What to do>
Please tally the lines of the records that contain "false" and send back only the total.

Stored data
*** Begin section ***

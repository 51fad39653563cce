-- ===== src/Engine/Race.antt =====
-- Two resolutions of one request, between whose reads and writes there is no lock.
use nodus_hitl_hub.Base.{
  All, Bool-cases, List, String, [], ap, eq_refl, inl, inr, refl, some, true, ℕ, ◌==◌, ◌∙◌, ◌∷◌,
  ◌≡◌,
}
use nodus_hitl_hub.Engine.Defs.{HitlEngine, finish_approve, finish_reject}
use nodus_hitl_hub.Engine.Kept.{Keeps, after_all-hitl}
use nodus_hitl_hub.Engine.Reads.{get_event-hitl}
use nodus_hitl_hub.Engine.Resolve.{
  approved_payload, finish_approve-eq, finish_reject-eq, rejected_payload,
}
use nodus_hitl_hub.Host.{Host}
use nodus_hitl_hub.Json.{Fields, Value, end, field, obj, set, truthy}
use nodus_hitl_hub.Json.Cast.{castable}
use nodus_hitl_hub.Lifecycle.Defs.{Hook, on_approved, on_rejected}
use nodus_hitl_hub.Lifecycle.Isolation.{plugins-IsIsolated}
use nodus_hitl_hub.Mcp.Agreement.{call}
use nodus_hitl_hub.Models.Event.{HitlEvent}
use nodus_hitl_hub.Models.Hitl.{HitlResponse, HitlStatus, approved, rejected, respond}
use nodus_hitl_hub.Repository.{find_row, get_event, optional_event, resolve_row, update_row}
use nodus_hitl_hub.Repository.Keys.{find_row-update_row}
use nodus_hitl_hub.Repository.Rows.{row_to_event}
use nodus_hitl_hub.Repository.Updates.{resolve_row-event}
use nodus_hitl_hub.World.{HitlRow, World}
use nodus_hitl_hub.World.Exec.{Done, Exec, Result, and_then, ok}

-- A call of the hooks on any event leaves the requests alone.
abbrev pub HooksKeep : (Hook → HitlEvent → Exec Done) → List Hook → Type 0
HooksKeep call hooks = All (λ h. (e : HitlEvent) → Keeps (call h e)) hooks

pub at_event :
    (call : Hook → HitlEvent → Exec Done) (e : HitlEvent) (hooks : List Hook)
    → HooksKeep call hooks
    → All (λ h. Keeps (call h e)) hooks
at_event call e [] k = tt
at_event call e (h ∷ hs) k = (k.0 e, at_event call e hs k.1)

pub on_approved-hitl :
    (hooks : List Hook) (e : HitlEvent) (w : World)
    → HooksKeep (λ (h : Hook). h.on_approved) hooks
    → (on_approved hooks e w).1.hitl ≡ w.hitl
on_approved-hitl hooks e w k =
    ap (λ (y : Result Done × World). y.1.hitl) (plugins-IsIsolated hooks [] e w).approved
    ∙ after_all-hitl (λ (h : Hook). h.on_approved e) hooks w
        (at_event (λ (h : Hook). h.on_approved) e hooks k)

pub on_rejected-hitl :
    (hooks : List Hook) (e : HitlEvent) (w : World)
    → HooksKeep (λ (h : Hook). h.on_rejected) hooks
    → (on_rejected hooks e w).1.hitl ≡ w.hitl
on_rejected-hitl hooks e w k =
    ap (λ (y : Result Done × World). y.1.hitl) (plugins-IsIsolated hooks [] e w).rejected
    ∙ after_all-hitl (λ (h : Hook). h.on_rejected e) hooks w
        (at_event (λ (h : Hook). h.on_rejected) e hooks k)

-- Of two updates of a row, the later one with a payload is what is left.
resolve_row_twice :
    (r : HitlRow) (s t : HitlStatus) (d d' : Fields) (now later : ℕ)
    → truthy (obj d') ≡ true
    → resolve_row t (some d') later (resolve_row s (some d) now r) ≡ resolve_row t (some d') later r
resolve_row_twice r s t d d' now later full = rw full refl

pub set-truthy : (key : String) (v : Value) (d : Fields) → truthy (obj (set key v d)) ≡ true
set-truthy key v end = refl
set-truthy key v (field k x d) = elim (Bool-cases (k == key)) [
  | inl same ↦ rw same refl
  | inr other ↦ rw other refl
]

pub find_row-updated :
    (id : String) (s : HitlStatus) (d : Fields) (now : ℕ) (rows : List HitlRow) (r : HitlRow)
    → find_row id rows ≡ some r
    → find_row id (update_row id (resolve_row s (some d) now) rows)
      ≡ some (resolve_row s (some d) now r)
find_row-updated id s d now rows r found =
    rw (find_row-update_row id id (resolve_row s (some d) now) rows (λ r. (refl, refl)))
      (rw (eq_refl id, found) refl)

module _ (engine : HitlEngine) (id : String) (v : Value) (e : HitlEvent) (w : World) where
  finish_approve-hitl :
      castable (obj (approved_payload v e.payload)) ≡ true
      → HooksKeep (λ (h : Hook). h.on_approved) engine.hooks
      → (finish_approve engine id v e w).1.hitl
        ≡ update_row id (resolve_row approved (some (approved_payload v e.payload)) w.now) w.hitl
  finish_approve-hitl good k =
      ap (λ (y : Result HitlResponse × World). y.1.hitl) (finish_approve-eq engine id v w e good)
      ∙ on_approved-hitl engine.hooks _ _ k

  finish_reject-hitl :
      castable (obj (rejected_payload v e.payload)) ≡ true
      → HooksKeep (λ (h : Hook). h.on_rejected) engine.hooks
      → (finish_reject engine id v e w).1.hitl
        ≡ update_row id (resolve_row rejected (some (rejected_payload v e.payload)) w.now) w.hitl
  finish_reject-hitl good k =
      ap (λ (y : Result HitlResponse × World). y.1.hitl) (finish_reject-eq engine id v w e good)
      ∙ on_rejected-hitl engine.hooks _ _ k

-- Where the hooks leave the requests alone and the database takes both payloads, an approval and a rejection that both read the same
-- pending event both succeed when the approval writes first, and what is read afterwards is the
-- event rejected, with the payload of the read and the reason: of the approval nothing is left.
pub finish_reject-finish_approve :
    (host : Host) (engine : HitlEngine) (id : String) (response reason : Value) (e : HitlEvent)
    (r : HitlRow) (w : World)
    → HooksKeep (λ (h : Hook). h.on_approved) engine.hooks
    → HooksKeep (λ (h : Hook). h.on_rejected) engine.hooks
    → find_row id w.hitl ≡ some r
    → row_to_event host r ≡ ok e
    → castable (obj (approved_payload response e.payload)) ≡ true
    → castable (obj (rejected_payload reason e.payload)) ≡ true
    → ((finish_approve engine id response e w).0 ≡ ok (respond (some id) approved))
      × ((finish_reject engine id reason e (finish_approve engine id response e w).1).0
          ≡ ok (respond (some id) rejected))
      × ((get_event host id
            (finish_reject engine id reason e (finish_approve engine id response e w).1).1).0
          ≡ ok (
              some (record e {
                status = rejected;
                payload = rejected_payload reason e.payload;
                resolved_at = some (finish_approve engine id response e w).1.now;
              })))
unfolding optional_event
finish_reject-finish_approve host engine id response reason e r w ka kr found loads good fine =
    let v = (finish_approve engine id response e w).1 in
    let p = approved_payload response e.payload in
    let q = rejected_payload reason e.payload in
    let first : find_row id v.hitl ≡ some (resolve_row approved (some p) w.now r) =
      ap (find_row id) (finish_approve-hitl engine id response e w good ka)
      ∙ find_row-updated id approved p w.now w.hitl r found in
    let second =
      find_row-updated id rejected q v.now v.hitl (resolve_row approved (some p) w.now r) first in
    let full = set-truthy "resolution" (obj (field "reason" reason end)) e.payload in
    (
      ap (λ (y : Result HitlResponse × World). y.0) (finish_approve-eq engine id response w e good),
      ap (λ (y : Result HitlResponse × World). y.0) (finish_reject-eq engine id reason v e fine),
      get_event-hitl host id _ _ (finish_reject-hitl engine id reason e v fine kr)
          ∙ ap (optional_event host)
              (second ∙ ap some (resolve_row_twice r approved rejected p q w.now v.now full))
          ∙ ap (λ x. and_then x (λ f. ok (some f)))
              (resolve_row-event host r e rejected q v.now loads full),
    )
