-- ===== src/Repository/Expiry.antt =====
-- `expire_stale`: which rows it changes, and how its count relates to the table.
use mathlib.Core.Option
use nodus_hitl_hub.Base.{
  Bool-cases, List, Option-cases, String, [], arith, count_if, eq_iff, false, inl, inr, map, refl,
  some, true, ℕ, ◌<◌, ◌↔◌, ◌∷◌, ◌≡◌,
}
use nodus_hitl_hub.Repository.{expire_row, expire_stale, find_row, is_stale}
use nodus_hitl_hub.World.{HitlRow, World}
use nodus_hitl_hub.World.Exec.{ok}

-- A pending row whose time has run out.
abbrev pub IsStale : ℕ → HitlRow → Type 0
IsStale now r = (r.status ≡ "pending") × ((t : ℕ) × (r.expires_at ≡ some t) × (t < now))

is_stale_iff : (now : ℕ) (r : HitlRow) → (is_stale now r ≡ true) ↔ IsStale now r
is_stale_iff now r = elim (Option-cases r.expires_at) [
  | inl e ↦ (λ h. ground (arith, e), λ (_, (t, f, _)). cc)
  | inr (t, e) ↦ (
    λ h. (ground (arith, eq_iff r.status "pending"), (t, e, ground arith)),
    λ (p, (u, f, l)). ground (arith, eq_iff r.status "pending"),
  )
]

-- The row at a place of the table before and after an expiry.
pub record IsExpiry (now : ℕ) (r s : HitlRow) : Type 0 where
  pub stale : IsStale now r → s ≡ record r { status = "expired"; resolved_at = some now }
  pub fresh : ¬ IsStale now r → s ≡ r

abbrev pub AllExpiry : ℕ → List HitlRow → List HitlRow → Type 0
AllExpiry now [] [] = Unit
AllExpiry now (r ∷ rs) (s ∷ ss) = IsExpiry now r s × AllExpiry now rs ss
AllExpiry now _ _ = ⊥

expire_row-IsExpiry : (now : ℕ) (r : HitlRow) → IsExpiry now r (expire_row now r)
expire_row-IsExpiry now r = record {
  stale = λ h. rw ((is_stale_iff now r).1 h) refl;
  fresh = λ h. elim (Bool-cases (is_stale now r)) [
    | inl e ↦ absurd (h ((is_stale_iff now r).0 e))
    | inr e ↦ rw e refl
  ];
}

map-AllExpiry : (now : ℕ) (rows : List HitlRow) → AllExpiry now rows (map (expire_row now) rows)
map-AllExpiry now [] = tt
map-AllExpiry now (r ∷ rows) = (expire_row-IsExpiry now r, map-AllExpiry now rows)

expire_row-not_stale : (now : ℕ) (r : HitlRow) → is_stale now (expire_row now r) ≡ false
expire_row-not_stale now r = elim (Bool-cases (is_stale now r)) [
  | inl e ↦ rw e refl
  | inr e ↦ rw e e
]

no_stale_left :
    (now : ℕ) (rows : List HitlRow) → count_if (is_stale now) (map (expire_row now) rows) ≡ 0
no_stale_left now [] = refl
no_stale_left now (r ∷ rows) = rw (expire_row-not_stale now r) (no_stale_left now rows)

-- `expire_stale` succeeds; in each place of the table a pending row past its time becomes expired
-- and resolved now and any other row stays, and the count is the number of such rows.
pub expire_stale-AllExpiry :
    (w : World)
    → ((expire_stale w).0 ≡ ok (count_if (is_stale w.now) w.hitl))
      × AllExpiry w.now w.hitl (expire_stale w).1.hitl
unfolding expire_stale
expire_stale-AllExpiry w = (refl, map-AllExpiry w.now w.hitl)

expire_row_idem : (now : ℕ) (r : HitlRow) → expire_row now (expire_row now r) ≡ expire_row now r
expire_row_idem now r = rw (expire_row-not_stale now r) refl

map-expire_idem :
    (now : ℕ) (rows : List HitlRow)
    → map (expire_row now) (map (expire_row now) rows) ≡ map (expire_row now) rows
map-expire_idem now [] = refl
map-expire_idem now (r ∷ rows) = cc (expire_row_idem now r, map-expire_idem now rows)

-- A second run at the same time finds nothing: it returns 0 and changes nothing.
pub expire_stale_again : (w : World) → expire_stale (expire_stale w).1 ≡ (ok 0, (expire_stale w).1)
unfolding expire_stale
expire_stale_again w = rw (no_stale_left w.now w.hitl, map-expire_idem w.now w.hitl) refl

-- An expiry keeps the rows where they stand.
pub find_row-expired :
    (id : String) (now : ℕ) (rows : List HitlRow)
    → find_row id (map (expire_row now) rows) ≡ Option.map (expire_row now) (find_row id rows)
find_row-expired id now [] = refl
find_row-expired id now (r ∷ rows) = elim (Bool-cases (is_stale now r)) [
  | inl stale ↦ rw stale (ground (arith, find_row-expired id now rows))
  | inr not_stale ↦ rw not_stale (ground (arith, find_row-expired id now rows))
]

*** End section ***

Exercise output>
2